In the United States, synthetic biology products are overseen by a patchwork of federal agencies, often guided by outdated and difficult-to-interpret regulations. Consequently, many innovators struggle to navigate this confusing landscape. SynBioBeta recently spoke with three biotech regulation experts, gathering their insights and practical advice to help innovators steer clear of regulatory roadblocks.
As Anastasia Bodnar, PhD, plant geneticist and biotechnology policy expert at the National Security Commission on Emerging Biotechnology (NSCEB), explains, biotechnology products in the United States are regulated by three primary agencies: the FDA, the EPA, and the Animal and Plant Health Inspection Service (APHIS) within the U.S. Department of Agriculture (USDA).
Additionally, members of the NSCEB will present their latest findings at SynBioBeta: The Global Synthetic Biology Conference, taking place next week in San Jose, California, from May 6 to 8.
These three agencies operate under a national policy known as the Coordinated Framework (also referred to as the Coordinated Framework for the Regulation of Biotechnology). In 1986, the White House Office of Science and Technology Policy published the first Coordinated Framework, establishing a comprehensive federal regulatory policy for biotechnology products. The framework was last updated in 2017.
In the United States, Bodnar emphasizes that products created with biotechnology—including synthetic biology—are regulated based on the product, not the process by which they are made. In other words, a drug is regulated as a drug, a food additive is regulated as a food additive, and so on.
“However, especially when we are talking about living organisms, a product may fall under the regulatory authority of multiple agencies,” she notes. “This leads to overlaps and gaps in regulation.”
Nazish Jeffery, PhD, bioeconomy policy manager for the Federation of American Scientists and Chair of the Bioeconomy & Policy Track at SynBioBeta 2025, argues that regulatory hurdles often pose a double-edged sword for synthetic biology. “On the one hand, they promote a better understanding of the effects of a given technology on society, the environment, and agriculture before they become widely available,” she says.

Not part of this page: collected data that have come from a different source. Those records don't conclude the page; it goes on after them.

-- ===== src/Gov/Ctrler/Orderly.antt =====
-- ctrlers/gov: EndBlock over a ledger in order.
pub mod EndBlock
use beatoz_go.Base.{
  ℕ, ◌≡◌, ◌≢◌, refl, sym, ap, ◌∙◌, subst, Bool, true, false, ◌&&◌, ◌⊎◌, Option, none, some, List,
  [], ◌∷◌, Result, ok, err, panic, if◌then◌else◌, Bool-cases, Option-cases, inl, inr, ◌==◌, ==_iff,
  arith,
}
use mathlib.Core.Option.{some-injective}
use beatoz_go.Base.Words.{slt64}
use beatoz_go.Base.Bytes.{Bytes, bytes_eq, has_prefix}
use beatoz_go.Ledger.Keys.{
  ledger_key_proposal, ledger_key_frozen_prop, ledger_key_gov_params, key_prefix_proposal,
  key_prefix_frozen_prop,
}
use beatoz_go.Ledger.Map.{Store, IsMap}
use beatoz_go.Ledger.Map.Seek.{Seeker, IsListed}
use beatoz_go.Gov.Proposal.{Proposal, VoteOption}
use beatoz_go.Gov.Params.{GovParams}
use beatoz_go.Gov.Majority.{update_major_option}
use beatoz_go.Gov.Majority.Choice.{Each, Among, IsChosen, update_major_option_exact}
use beatoz_go.Gov.Ctrler.{GovItem, proposal_item, params_item, proposal_govparams, GovCtrler}
use beatoz_go.Gov.Ctrler.Blocks.{freeze_proposals, apply_proposals, end_block}
use beatoz_go.Gov.Ctrler.Freeze.{
  Verdict, keep, freeze, remove, verdict, judge, left_open, newly_frozen, by_major,
}
use beatoz_go.Gov.Ctrler.Freeze.Views.{AreVotable, IsFrozenAt, freeze_proposals_exact}
use beatoz_go.Gov.Ctrler.Apply.{IsApplicable}
use beatoz_go.Gov.Ctrler.Apply.Views.{AreApplicable, IsApplied, due_now, apply_proposals_exact}

Each-Among :
    (P : VoteOption → Type 0) (o : VoteOption) (os : List VoteOption) → Each P os → Among o os → P o
Each-Among P o [] a h = absurd h
Each-Among P o (p ∷ ps) (b, a) (inl e) = subst P (sym e) b
Each-Among P o (p ∷ ps) (b, a) (inr h) = Each-Among P o ps a h

pub split_prefix : (x : ℕ) (j : Bytes) → has_prefix j (x ∷ []) ≡ true → (h : Bytes) × (j ≡ x ∷ h)
unfolding has_prefix
split_prefix x [] e = cc
split_prefix x (b ∷ h) e = (h, ap (λ y. y ∷ h) (ground (arith, e)))

pub left_open-some :
    (v : Verdict) (o : Option GovItem) (i : GovItem) → left_open v o ≡ some i → o ≡ some i
left_open-some keep o i e = e
left_open-some (freeze p) o i e = cc
left_open-some remove o i e = cc

pub key_hash : (g h : Bytes) → ledger_key_proposal g ≡ ledger_key_proposal h → g ≡ h
unfolding ledger_key_proposal
key_hash g h e = ap tail e
  where
    tail : Bytes → Bytes
    tail [] = []
    tail (b ∷ bs) = bs

-- A verdict of freezing comes from UpdateMajorOption.
by_major_freeze : (q p : Proposal) → by_major q ≡ freeze p → (q ≡ p) × (by_major q ≡ freeze q)
by_major_freeze q p e = go q.major_option e
  where
    go :
        (o : Option VoteOption)
        → (elim o as (λ x. Verdict) [ some y ↦ freeze q | none ↦ remove ]) ≡ freeze p
        → (q ≡ p) × ((elim o as (λ x. Verdict) [ some y ↦ freeze q | none ↦ remove ]) ≡ freeze q)
    go none e = cc
    go (some o) e =
        (ap (λ v. elim v as (λ x. Proposal) [ freeze y ↦ y | keep ↦ q | remove ↦ q ]) e, refl)

verdict_freeze :
    (height : ℕ) (p p' : Proposal)
    → verdict height (proposal_item p) ≡ freeze p'
    → (update_major_option p ≡ ok p') × (by_major p' ≡ freeze p')
verdict_freeze height p p' e = elim (Bool-cases (slt64 p.header.end_voting_height height)) [
  | inr voting ↦ cc (rw voting at e)
  | inl expired ↦ go (update_major_option p) refl (rw expired at e)
]
  where
    go :
        (r : Result Proposal)
        → update_major_option p ≡ r
        → (elim r as (λ x. Verdict) [ ok q ↦ by_major q | _ ↦ keep ]) ≡ freeze p'
        → (update_major_option p ≡ ok p') × (by_major p' ≡ freeze p')
    go panic is e = cc
    go (err x) is e = cc
    go (ok q) is e =
        let (same, major) = by_major_freeze q p' e in
        (is ∙ ap ok same, subst (λ y. by_major y ≡ freeze y) same major)

module _ (parse : Bytes → Result GovParams) where
  -- The options of a proposal for parameters can be read.
  abbrev pub IsReadable : Proposal → Type 0
  IsReadable p =
      (p.header.prop_type == proposal_govparams) ≡ true
      → Each (λ o. (g : GovParams) × (parse o.option ≡ ok g)) p.options

  -- An open proposal: under its own hash, with options that can be read, and not decided.
  pub record IsOpen (key : Bytes) (p : Proposal) : Type 0 where
    pub key_is : key ≡ ledger_key_proposal p.header.tx_hash
    pub some_there : p.options ≢ []
    pub undecided : p.major_option ≡ none
    pub readable : IsReadable p

  -- What UpdateMajorOption decides of an open proposal can be applied.
  decided_ready :
      (key : Bytes) (p p' : Proposal)
      → IsOpen key p
      → update_major_option p ≡ ok p'
      → by_major p' ≡ freeze p'
      → (p'.header.prop_type == proposal_govparams) ≡ true
      → (o : VoteOption) × (g : GovParams) × (p'.major_option ≡ some o) × (parse o.option ≡ ok g)
  decided_ready key p p' open_p ran major params =
      let (q, ran', chosen) = update_major_option_exact p open_p.some_there in
      let same : q ≡ p' =
        ap (λ r. elim r as (λ x. Proposal) [ ok y ↦ y | _ ↦ q ]) (sym ran' ∙ ran) in
      let chosen' : IsChosen p p' = subst (λ x. IsChosen p x) same chosen in
      elim chosen'.choice [
        | inl (o, found, among, reached, most) ↦
            let type_is : (p.header.prop_type == proposal_govparams) ≡ true =
              rw⁻¹ chosen'.same_header params in
            let (g, read) =
              Each-Among (λ o. (g : GovParams) × (parse o.option ≡ ok g)) o p.options
                (open_p.readable type_is) among in
            (o, g, found, read)
        | inr (stays, missed) ↦ absurd (not_frozen (stays ∙ open_p.undecided))
      ]
    where
      not_frozen : p'.major_option ≡ none → ⊥
      not_frozen e = cc (rw e at major)

  decided_hash :
      (key : Bytes) (p p' : Proposal)
      → IsOpen key p
      → update_major_option p ≡ ok p'
      → p'.header.tx_hash ≡ p.header.tx_hash
  decided_hash key p p' open_p ran =
      let (q, ran', chosen) = update_major_option_exact p open_p.some_there in
      let same : q ≡ p' =
        ap (λ r. elim r as (λ x. Proposal) [ ok y ↦ y | _ ↦ q ]) (sym ran' ∙ ran) in
      ap (λ y. y.header.tx_hash) (sym same) ∙ ap (λ y. y.tx_hash) chosen.same_header

  -- Freezing what was open under a hash gives what can be applied under that hash.
  pub newly_ready :
      (height : ℕ) (h : Bytes) (o old : Option GovItem) (item : GovItem)
      → ((i : GovItem)
          → o ≡ some i
          → (p : Proposal) × (i ≡ proposal_item p) × IsOpen (ledger_key_proposal h) p)
      → ((i : GovItem) → old ≡ some i → IsApplicable parse (ledger_key_frozen_prop h) i)
      → newly_frozen (judge height o) old ≡ some item
      → IsApplicable parse (ledger_key_frozen_prop h) item
  newly_ready height h none old item was were e = were item e
  newly_ready height h (some i) old item was were e =
      let (p, is, open_p) = was i refl in
      go p open_p (verdict height (proposal_item p)) refl
        (subst (λ y. newly_frozen (verdict height y) old ≡ some item) is e)
    where
      go :
          (p : Proposal)
          → IsOpen (ledger_key_proposal h) p
          → (v : Verdict) → verdict height (proposal_item p) ≡ v
          → newly_frozen v old ≡ some item
          → IsApplicable parse (ledger_key_frozen_prop h) item
      go p open_p keep is e = were item e
      go p open_p remove is e = were item e
      go p open_p (freeze p') is e =
          let (ran, major) = verdict_freeze height p p' is in
          (
            p',
            sym (some-injective (proposal_item p') item e),
            ap ledger_key_frozen_prop (
                key_hash h p.header.tx_hash open_p.key_is
                ∙ sym (decided_hash (ledger_key_proposal h) p p' open_p ran)),
            decided_ready (ledger_key_proposal h) p p' open_p ran major,
          )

However, she points out that regulations can slow down the potential for new innovations, make products more expensive, and prevent new and innovative technologies from ever coming to the market.
She notes that regulatory hurdles are especially burdensome for smaller start-up companies with one or two products. In contrast, they are less problematic for larger companies—which typically have the necessary resources to advance through the regulatory process.
“This can sometimes give larger corporations an advantage, which doesn't always align with the most innovative solutions,” says Jeffery.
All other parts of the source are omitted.